- Exercise aim: Print the data that follows, exactly and completely.

[Opening Information provided section]

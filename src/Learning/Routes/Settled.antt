-- ===== src/Learning/Routes/Settled.antt =====
-- The routes of app/main.py for the learning graph: what a review does to its task.
use careerops_agent.Shared.{
  ℕ, ◌≡◌, ◌⊎◌, inl, inr, refl, String, Bool, true, false, Option, none, some, [], keep, Result, ok,
  raised,
}
use careerops_agent.Context.Task.{PlannedTask}
use careerops_agent.Memory.Lifecycle.{works_for_task}
use careerops_agent.Memory.Lifecycle.Ended.{retire_task_working_memories-Ends}
use careerops_agent.Http.Responses.{Response, reply, http_error}
use careerops_agent.Learning.Graph.{LearningSnapshot, resume_learning_graph}
use careerops_agent.Learning.Graph.Approved.{IsWhole, IsThread, resumed-IsWhole}
use careerops_agent.Learning.Graph.Decided.{outcome, resumed_status}
use careerops_agent.Learning.Routes.{LearningStore, resumed, settled, resume_agent_learning_graph}

-- What a review has done to its task: an approved plan was whole, its task is completed now and has
-- no working memory left; a rejected one leaves its task blocked, with its memories.
abbrev pub IsReviewed :
    (now task_id : ℕ) (approved : Bool) (before after : LearningStore) → LearningSnapshot → Type 0
IsReviewed now task_id true before after s =
    IsWhole s.values
    × (after.status ≡ "completed")
    × (after.completed_at ≡ some now)
    × (keep (works_for_task task_id) after.memories ≡ [])
IsReviewed now task_id false before after s =
    (after.status ≡ "blocked") × (after.completed_at ≡ none) × (after.memories ≡ before.memories)

resumed-IsReviewed :
    (now task_id : ℕ) (approved : Bool) (st : LearningStore) (s : LearningSnapshot)
    → s.values.status ≡ outcome approved
    → (s.values.status ≡ "completed" → IsWhole s.values)
    → IsReviewed now task_id approved st (resumed now task_id approved st (ok s)).1 s
unfolding resumed settled
resumed-IsReviewed now task_id true st s h whole =
    let ends = retire_task_working_memories-Ends now task_id "agent_task_completed" st.memories in
    rw h (whole h, refl, refl, ends.2)
resumed-IsReviewed now task_id false st s h whole = rw h (refl, refl, refl)

-- A reply that has reviewed the task, or an error that changes nothing.
abbrev Answers :
    (now task_id : ℕ) (approved : Bool) (before : LearningStore)
    → Response LearningSnapshot × LearningStore
    → Type 0
Answers now task_id approved before answer =
    ((s : LearningSnapshot) × (answer.0 ≡ reply s)
      × IsReviewed now task_id approved before answer.1 s)
    ⊎ ((detail : String) × (answer.0 ≡ http_error 409 detail) × (answer.1 ≡ before))

resumed-Answers :
    (now task_id : ℕ) (approved : Bool) (st : LearningStore) (result : Result LearningSnapshot)
    → ((s : LearningSnapshot) → result ≡ ok s → s.values.status ≡ outcome approved)
    → ((s : LearningSnapshot) → result ≡ ok s → s.values.status ≡ "completed" → IsWhole s.values)
    → Answers now task_id approved st (resumed now task_id approved st result)
unfolding resumed
resumed-Answers now task_id approved st (raised x) status whole = inr (x.text, refl, refl)
resumed-Answers now task_id approved st (ok s) status whole =
    inl (s, refl, resumed-IsReviewed now task_id approved st s (status s refl) (whole s refl))

-- In an honest thread, a review of a stored task's plan answers with a snapshot of the graph or with
-- an HTTP error: an approval completes the task, whose plan is whole and whose working memories have
-- ended; a rejection blocks the task and leaves its memories; and an error changes nothing.
pub resume_agent_learning_graph-IsReviewed :
    (now : ℕ) (task : PlannedTask) (approved : Bool) (comment : Option String) (st : LearningStore)
    → IsThread st.current
    → (let answer = resume_agent_learning_graph now (some task) approved comment st in
        ((s : LearningSnapshot) × (answer.0 ≡ reply s)
          × IsReviewed now task.id approved st answer.1 s)
        ⊎ ((detail : String) × (answer.0 ≡ http_error 409 detail) × (answer.1 ≡ st)))
unfolding resume_agent_learning_graph
resume_agent_learning_graph-IsReviewed now task approved comment st honest =
    resumed-Answers now task.id approved st (resume_learning_graph approved comment st.current)
      (λ s. resumed_status approved comment st.current)
      (λ s. resumed-IsWhole approved comment st.current honest)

[Closing Information provided section]

- Written answer:
filename src/Learning/Routes/Settled.antt
-- ===== src/Learning/Routes/Settled.antt =====
-- The routes of app/main.py for the learning graph: what a review does to its task.
use careerops_agent.Shared.{
  ℕ, ◌≡◌, ◌⊎◌, inl, inr, refl, String, Bool, true, false, Option, none, some, [], keep, Result, ok,
  raised,
}
use careerops_agent.Context.Task.{PlannedTask}
use careerops_agent.Memory.Lifecycle.{works_for_task}
use careerops_agent.Memory.Lifecycle.Ended.{retire_task_working_memories-Ends}
use careerops_agent.Http.Responses.{Response, reply, http_error}
use careerops_agent.Learning.Graph.{LearningSnapshot, resume_learning_graph}
use careerops_agent.Learning.Graph.Approved.{IsWhole, IsThread, resumed-IsWhole}
use careerops_agent.Learning.Graph.Decided.{outcome, resumed_status}
use careerops_agent.Learning.Routes.{LearningStore, resumed, settled, resume_agent_learning_graph}

-- What a review has done to its task: an approved plan was whole, its task is completed now and has
-- no working memory left; a rejected one leaves its task blocked, with its memories.
abbrev pub IsReviewed :
    (now task_id : ℕ) (approved : Bool) (before after : LearningStore) → LearningSnapshot → Type 0
IsReviewed now task_id true before after s =
    IsWhole s.values
    × (after.status ≡ "completed")
    × (after.completed_at ≡ some now)
    × (keep (works_for_task task_id) after.memories ≡ [])
IsReviewed now task_id false before after s =
    (after.status ≡ "blocked") × (after.completed_at ≡ none) × (after.memories ≡ before.memories)

resumed-IsReviewed :
    (now task_id : ℕ) (approved : Bool) (st : LearningStore) (s : LearningSnapshot)
    → s.values.status ≡ outcome approved
    → (s.values.status ≡ "completed" → IsWhole s.values)
    → IsReviewed now task_id approved st (resumed now task_id approved st (ok s)).1 s
unfolding resumed settled
resumed-IsReviewed now task_id true st s h whole =
    let ends = retire_task_working_memories-Ends now task_id "agent_task_completed" st.memories in
    rw h (whole h, refl, refl, ends.2)
resumed-IsReviewed now task_id false st s h whole = rw h (refl, refl, refl)

-- A reply that has reviewed the task, or an error that changes nothing.
abbrev Answers :
    (now task_id : ℕ) (approved : Bool) (before : LearningStore)
    → Response LearningSnapshot × LearningStore
    → Type 0
Answers now task_id approved before answer =
    ((s : LearningSnapshot) × (answer.0 ≡ reply s)
      × IsReviewed now task_id approved before answer.1 s)
    ⊎ ((detail : String) × (answer.0 ≡ http_error 409 detail) × (answer.1 ≡ before))

resumed-Answers :
    (now task_id : ℕ) (approved : Bool) (st : LearningStore) (result : Result LearningSnapshot)
    → ((s : LearningSnapshot) → result ≡ ok s → s.values.status ≡ outcome approved)
    → ((s : LearningSnapshot) → result ≡ ok s → s.values.status ≡ "completed" → IsWhole s.values)
    → Answers now task_id approved st (resumed now task_id approved st result)
unfolding resumed
resumed-Answers now task_id approved st (raised x) status whole = inr (x.text, refl, refl)
resumed-Answers now task_id approved st (ok s) status whole =
    inl (s, refl, resumed-IsReviewed now task_id approved st s (status s refl) (whole s refl))

-- In an honest thread, a review of a stored task's plan answers with a snapshot of the graph or with
-- an HTTP error: an approval completes the task, whose plan is whole and whose working memories have
-- ended; a rejection blocks the task and leaves its memories; and an error changes nothing.
pub resume_agent_learning_graph-IsReviewed :
    (now : ℕ) (task : PlannedTask) (approved : Bool) (comment : Option String) (st : LearningStore)
    → IsThread st.current
    → (let answer = resume_agent_learning_graph now (some task) approved comment st in
        ((s : LearningSnapshot) × (answer.0 ≡ reply s)
          × IsReviewed now task.id approved st answer.1 s)
        ⊎ ((detail : String) × (answer.0 ≡ http_error 409 detail) × (answer.1 ≡ st)))
unfolding resume_agent_learning_graph
resume_agent_learning_graph-IsReviewed now task approved comment st honest =
    resumed-Answers now task.id approved st (resume_learning_graph approved comment st.current)
      (λ s. resumed_status approved comment st.current)
      (λ s. resumed-IsWhole approved comment st.current honest)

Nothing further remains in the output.